You never have to worry about where Serena Williams’s focus is going to be when she plays Maria Sharapova. It will be on the ball. More specifically, it will be on hitting the ball past her opponent as early and often as possible. Maria won their early battle in the 2004 Wimbledon final, but Serena has used that loss as inspiration to wage a long and very successful war against the Russian. After breezing past her again 6-1, 6-3 today in Madrid, Williams has now won their last seven matches.
Williams was sharp from the start, and appeared to be determined not just to win every rally, but to win them in under three shots. Her serve was clicking—do I really need to tell you that? She finished with 11 aces. Her return was just as good. She broke Sharapova at 1-2 in the first after hammering a return winner that the TennisTV commentator described as a “Mike Tyson forehand,” and she took many of Sharapova’s serves from inside the baseline. It wasn’t surprising that Maria’s serve broke down under the pressure. She finished with eight double faults, including three when she was broken at 2-2 in the second set. Sharapova’s attempts to serve into Williams’s forehand? They didn’t work.
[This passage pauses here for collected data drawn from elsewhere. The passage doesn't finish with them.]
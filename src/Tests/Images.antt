-- ===== src/Tests/Images.antt =====
-- The selectors on a store whose blocks 1 and 2 share a media range.
use kvmem_test.Common.{
  ◌↔◌, ◌*◌, ◌/◌, ℕ, ◌≤◌, ◌≡◌, refl, true, List, [], ◌∷◌, length, contains, arith, ok,
}
use kvmem_test.Store.Types.{KvMemStore}
use kvmem_test.Store.Select.{
  none_kept, keep, keep_front, keep_back, keep_all, flagged, kept_ids, candidates, insert, sort,
  best, score_at, better, keep_forced, top_fill, is_quota, topk_kept, pick_topk_ungrouped,
  prefill_kept, pick_prefill_ungrouped,
}
use kvmem_test.Store.Select.Ids.{IsSelection}
use kvmem_test.Store.Semantic.{count_new}
use kvmem_test.Store.Media.{
  media_groups, merge_group, group_of, members, keep_group, keep_groups, keep_latest, add_groups,
  preferred, media_kept, constrain_media, pick_topk_blocks, pick_prefill_pressure_blocks,
}
use kvmem_test.Store.Media.Fits.{
  pick_topk_blocks-fits, pick_prefill_pressure_blocks-fits, pick_topk_blocks-required,
}
use kvmem_test.Store.Table.Layout.{IsLaid}
use kvmem_test.Store.Media.Ranges.{Crossed, media_groups-Crossed}
use kvmem_test.Store.Media.Together.{pick_topk_blocks-whole}
use kvmem_test.Tests.{hundredths, five_blocks}

abbrev with_image : KvMemStore ℕ
with_image = record five_blocks { media_ranges = (5, 11) ∷ [] }

abbrev picked : List ℕ
picked = 0 ∷ 1 ∷ 2 ∷ []

image_picked : pick_topk_blocks hundredths with_image [] ≡ ok picked
unfolding none_kept keep keep_front keep_back keep_all flagged kept_ids candidates insert sort best
    score_at better keep_forced top_fill is_quota topk_kept pick_topk_ungrouped count_new
    merge_group group_of members keep_group keep_groups keep_latest add_groups preferred media_kept
    constrain_media pick_topk_blocks
image_picked = refl

image_pressed : pick_prefill_pressure_blocks hundredths with_image [] ≡ ok picked
unfolding none_kept keep keep_front keep_back keep_all flagged kept_ids candidates insert sort
    score_at better prefill_kept pick_prefill_ungrouped count_new merge_group group_of members
    keep_group keep_groups keep_latest add_groups preferred media_kept constrain_media
    pick_prefill_pressure_blocks
image_pressed = refl

pick_topk_blocks-fits_example : IsSelection 5 picked × (length picked ≤ 3)
pick_topk_blocks-fits_example =
    pick_topk_blocks-fits hundredths with_image [] picked (omega arith) image_picked

pick_prefill_pressure_blocks-fits_example : IsSelection 5 picked × (length picked ≤ 3)
pick_prefill_pressure_blocks-fits_example =
    pick_prefill_pressure_blocks-fits hundredths with_image [] picked (omega arith) image_pressed

pick_topk_blocks-required_example : contains 0 picked ≡ true
pick_topk_blocks-required_example =
    pick_topk_blocks-required hundredths with_image [] picked 0 refl (omega arith) (omega arith)
      (omega arith) refl image_picked

with_image-IsLaid : IsLaid with_image
with_image-IsLaid = record { positive = omega arith; bounded = omega arith; laid = ground arith }

-- Tokens 5 and 10 are in blocks 1 and 2.
pick_topk_blocks-whole_example : contains (5 / 4) picked ≡ contains (10 / 4) picked
pick_topk_blocks-whole_example =
    pick_topk_blocks-whole hundredths with_image [] picked 0 5 11 5 10 with_image-IsLaid
      (omega arith, tt) (omega arith, tt) refl (omega arith) (omega arith) (omega arith)
      (omega arith) (omega arith) (omega arith) image_picked

media_groups-Crossed_example :
    (group_of (media_groups with_image) 1 ≡ group_of (media_groups with_image) 2)
    ↔ Crossed (2 * 4) ((5, 11) ∷ [])
media_groups-Crossed_example =
    media_groups-Crossed with_image 1 with_image-IsLaid (omega arith, tt) (omega arith, tt)
      (omega arith)
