-- ===== src/Tier/Nvme/History.antt =====
-- Histories of calls of the SSD tier.
use kvmem_test.Common.{
  ℤ, throw, ℕ, ◌≤◌, ◌^◌, ◌≡◌, refl, List, [], ◌∷◌, length, false, not, Option-cases, inl, inr, some,
  is_nonneg, Result, ok, kept, throw_if, returned, ◌>>=◌, Error,
}
use kvmem_test.Tier.Pinned.{find}
use kvmem_test.Tier.Nvme.{
  or_throw, touch, mark_present_range, FileOps, NvmeKvTier, NvmeKvTierConfig, new_tier, slots_of,
  block_slot, touch_locked, place_block, place_block_evicting, release_block, clear, write_block,
  write_slot_range, read_block, read_slot, validate_io, validate_slot_range_io,
}
use kvmem_test.Tier.Nvme.Invariant.{
  IsPool, touch_locked-IsPool, place_block_locked-IsPool, place_block_evicting-IsPool,
  release_block-IsPool, clear-IsPool, new_tier-IsPool,
}
use kvmem_test.Tier.Nvme.Data.{write_block-IsWritten}

-- A public call that changes the tier. The batches of spans, which write to the file alone, are not
-- among them.
pub data NvmeCall : Type 0 where
  places evicts releases touches : ℕ → NvmeCall
  marks : ℕ → ℕ → NvmeCall
  clears : NvmeCall
  writes : ℕ → List ℕ → NvmeCall
  writes_range : ℤ → ℕ → List ℕ → NvmeCall
  reads : ℕ → ℕ → NvmeCall

module _ {F : Type 0} (o : FileOps F) where
  unfoldable pub nvme_step : NvmeKvTier F → NvmeCall → Result (NvmeKvTier F)
  nvme_step t (NvmeCall.places id) = ok (place_block t id).0
  nvme_step t (NvmeCall.evicts id) = ok (place_block_evicting t id).0
  nvme_step t (NvmeCall.releases id) = ok (release_block t id)
  nvme_step t (NvmeCall.touches id) = ok (touch t id)
  nvme_step t (NvmeCall.marks begin end) = mark_present_range t begin end
  nvme_step t NvmeCall.clears = ok (clear t)
  nvme_step t (NvmeCall.writes id data') = write_block o t id data'
  nvme_step t (NvmeCall.writes_range slot off data') = write_slot_range o t slot off data'
  nvme_step t (NvmeCall.reads id bytes) = read_block o t id bytes >>= λ r. ok r.0

  unfoldable pub run_nvme : NvmeKvTier F → List NvmeCall → Result (NvmeKvTier F)
  unfolding nvme_step
  run_nvme t [] = ok t
  run_nvme t (call ∷ calls) = nvme_step t call >>= λ t'. run_nvme t' calls

  -- A call of `touch` from outside is for a resident block.
  abbrev pub IsAllowed : NvmeKvTier F → NvmeCall → Type 0
  IsAllowed t (NvmeCall.touches id) = (slot : ℕ) × (find id t.block_to_slot ≡ some slot)
  IsAllowed t (NvmeCall.places id) = Unit {0}
  IsAllowed t (NvmeCall.evicts id) = Unit {0}
  IsAllowed t (NvmeCall.releases id) = Unit {0}
  IsAllowed t (NvmeCall.marks begin end) = Unit {0}
  IsAllowed t NvmeCall.clears = Unit {0}
  IsAllowed t (NvmeCall.writes id data') = Unit {0}
  IsAllowed t (NvmeCall.writes_range slot off data') = Unit {0}
  IsAllowed t (NvmeCall.reads id bytes) = Unit {0}

  -- Every call is allowed in the state in which it is made.
  unfoldable pub AllAllowed : NvmeKvTier F → List NvmeCall → Type 0
  unfolding nvme_step
  AllAllowed t [] = Unit {0}
  AllAllowed t (call ∷ calls) =
      IsAllowed t call
      × elim (nvme_step t call) [ throw error ↦ Unit {0} | ok t' ↦ AllAllowed t' calls ]

  read_block-IsPool :
      (t t' : NvmeKvTier F) (id bytes : ℕ) (data' : List ℕ)
      → IsPool t
      → read_block o t id bytes ≡ ok (t', data')
      → IsPool t'
  unfolding read_block block_slot
  read_block-IsPool t t' id bytes data' v h =
      let (_, _, h₁) = returned (validate_io t bytes) _ h in
      let (_, resident, h₂) =
        returned (throw_if (not (is_nonneg (block_slot t id))) Error.not_resident) _ h₁ in
      elim (Option-cases (find id t.block_to_slot)) [
        | inl e ↦ absurd (let bad = rw (e, block_slot) at resident in cc)
        | inr (slot, e) ↦
            let (read, _, h₃) = returned (read_slot o t (block_slot t id) bytes) _ h₂ in
            let same : touch_locked t id ≡ t' = cc in
            rw (← same) (touch_locked-IsPool t id slot e v)
      ]

  write_slot_range-IsPool :
      (t t' : NvmeKvTier F) (slot : ℤ) (off : ℕ) (data' : List ℕ)
      → IsPool t
      → write_slot_range o t slot off data' ≡ ok t'
      → IsPool t'
  unfolding write_slot_range
  write_slot_range-IsPool t t' slot off data' v h =
      let (_, _, h₁) = returned (throw_if t.cfg.read_only Error.attached_read_only) _ h in
      let (_, _, h₂) = returned (validate_slot_range_io t slot off (length data')) _ h₁ in
      let (file', _, h₃) = returned (or_throw (o.pwrite t.file _ data')) _ h₂ in
      kept IsPool h₃ (record { mapped = v.mapped; small = v.small; pool = v.pool })

  mark_present_range-throws :
      (t : NvmeKvTier F) (begin end : ℕ)
      → t.cfg.direct_mapped ≡ false
      → mark_present_range t begin end ≡ throw Error.not_direct_mapped
  unfolding mark_present_range
  mark_present_range-throws t begin end d = simp d refl

  nvme_step-IsPool :
      (t t' : NvmeKvTier F) (call : NvmeCall)
      → IsAllowed t call
      → IsPool t
      → nvme_step t call ≡ ok t'
      → IsPool t'
  unfolding nvme_step
  nvme_step-IsPool t t' (NvmeCall.touches id) (slot, e) v h =
      kept IsPool h (touch_locked-IsPool t id slot e v)
  nvme_step-IsPool t t' (NvmeCall.marks begin end) a v h =
      absurd (let thrown = mark_present_range-throws t begin end v.mapped in cc)
  nvme_step-IsPool t t' (NvmeCall.writes_range slot off data') a v h =
      write_slot_range-IsPool t t' slot off data' v h
  nvme_step-IsPool t t' (NvmeCall.places id) a v h =
      kept IsPool h (place_block_locked-IsPool t id v)
  nvme_step-IsPool t t' (NvmeCall.evicts id) a v h =
      kept IsPool h (place_block_evicting-IsPool t id v)
  nvme_step-IsPool t t' (NvmeCall.releases id) a v h = kept IsPool h (release_block-IsPool t id v)
  nvme_step-IsPool t t' NvmeCall.clears a v h = kept IsPool h (clear-IsPool t v)
  nvme_step-IsPool t t' (NvmeCall.writes id data') a v h =
      (write_block-IsWritten o t t' id data' v h).pool
  nvme_step-IsPool t t' (NvmeCall.reads id bytes) a v h =
      let ((t₁, data'), e, h₁) = returned (read_block o t id bytes) _ h in
      kept IsPool h₁ (read_block-IsPool t t₁ id bytes data' v e)

  run_from-IsPool :
      (t t' : NvmeKvTier F) (calls : List NvmeCall)
      → AllAllowed t calls
      → IsPool t
      → run_nvme t calls ≡ ok t'
      → IsPool t'
  unfolding run_nvme AllAllowed
  run_from-IsPool t t' [] a v h = kept IsPool h v
  run_from-IsPool t t' (call ∷ calls) (a, later) v h =
      let (t₁, e, h₁) = returned (nvme_step t call) _ h in
      let later' : AllAllowed t₁ calls = rw e at later in
      run_from-IsPool t₁ t' calls later' (nvme_step-IsPool t t₁ call a v e) h₁

  -- After any history of calls that return, on a new tier of at most 2^31 slots outside the
  -- direct-mapped mode, where `touch` is called only for resident blocks, each slot is free or holds
  -- one block, and the eviction order names the resident blocks once each. The calls are the
  -- placements, releases, touches, marks and clears, the writes of blocks and of parts of slots, and
  -- the reads of blocks.
  pub run_nvme-IsPool :
      (c : NvmeKvTierConfig) (file : F) (calls : List NvmeCall) (t : NvmeKvTier F)
      → c.direct_mapped ≡ false
      → slots_of c ≤ 2 ^ 31
      → AllAllowed (new_tier c file) calls
      → run_nvme (new_tier c file) calls ≡ ok t
      → IsPool t
  run_nvme-IsPool c file calls t d n allowed h =
      run_from-IsPool (new_tier c file) t calls allowed (new_tier-IsPool c file d n) h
Serena’s ground-stroke stats were just as impressive: 28 winners to 10 errors. When she wasn’t hitting winners, she was pressing Sharapova and forcing her to rush. After the dismal, 27-minute first set, Sharapova’s coach, Thomas Hogstedt, told her to “go in,” to attack, but there weren’t many opportunities for that. Maria's one moment of hope came at 1-2 in the second set, when she cracked a few of her own return winners and briefly threatened to turn the rout into a match. But she stopped herself cold with her double faults in the next game. The final nail in the coffin came with Serena serving up 4-3 but facing a break point. She missed her first serve and appeared to be wobbling for the first time all day. She must have remembered who she was playing, because she went after the ball, snapped off a second serve ace, and celebrated with a fist-pump and a leg kick. Six points later, it was over.
Sharapova plays a similar hard-hitting game to Serena, just not as well or as hard-hitting. Williams seems to read everything Sharapova does, especially her serve, while Maria was caught going the wrong way by Serena a number of times today. The psychological dynamic only makes it worse for Maria. Normally, she’s the fierce one, the aggressor, and she forces the other player to react to her. That’s reversed against Serena. Today Maria hung her head early, and had a look of vague, questioning demoralization on her face all day—a star dimmed. Even her small surge in the second set had a half-hearted feel to it.
Why would Maria be any other way? She knows Serena's best is too good, and she knows she saves it just for her.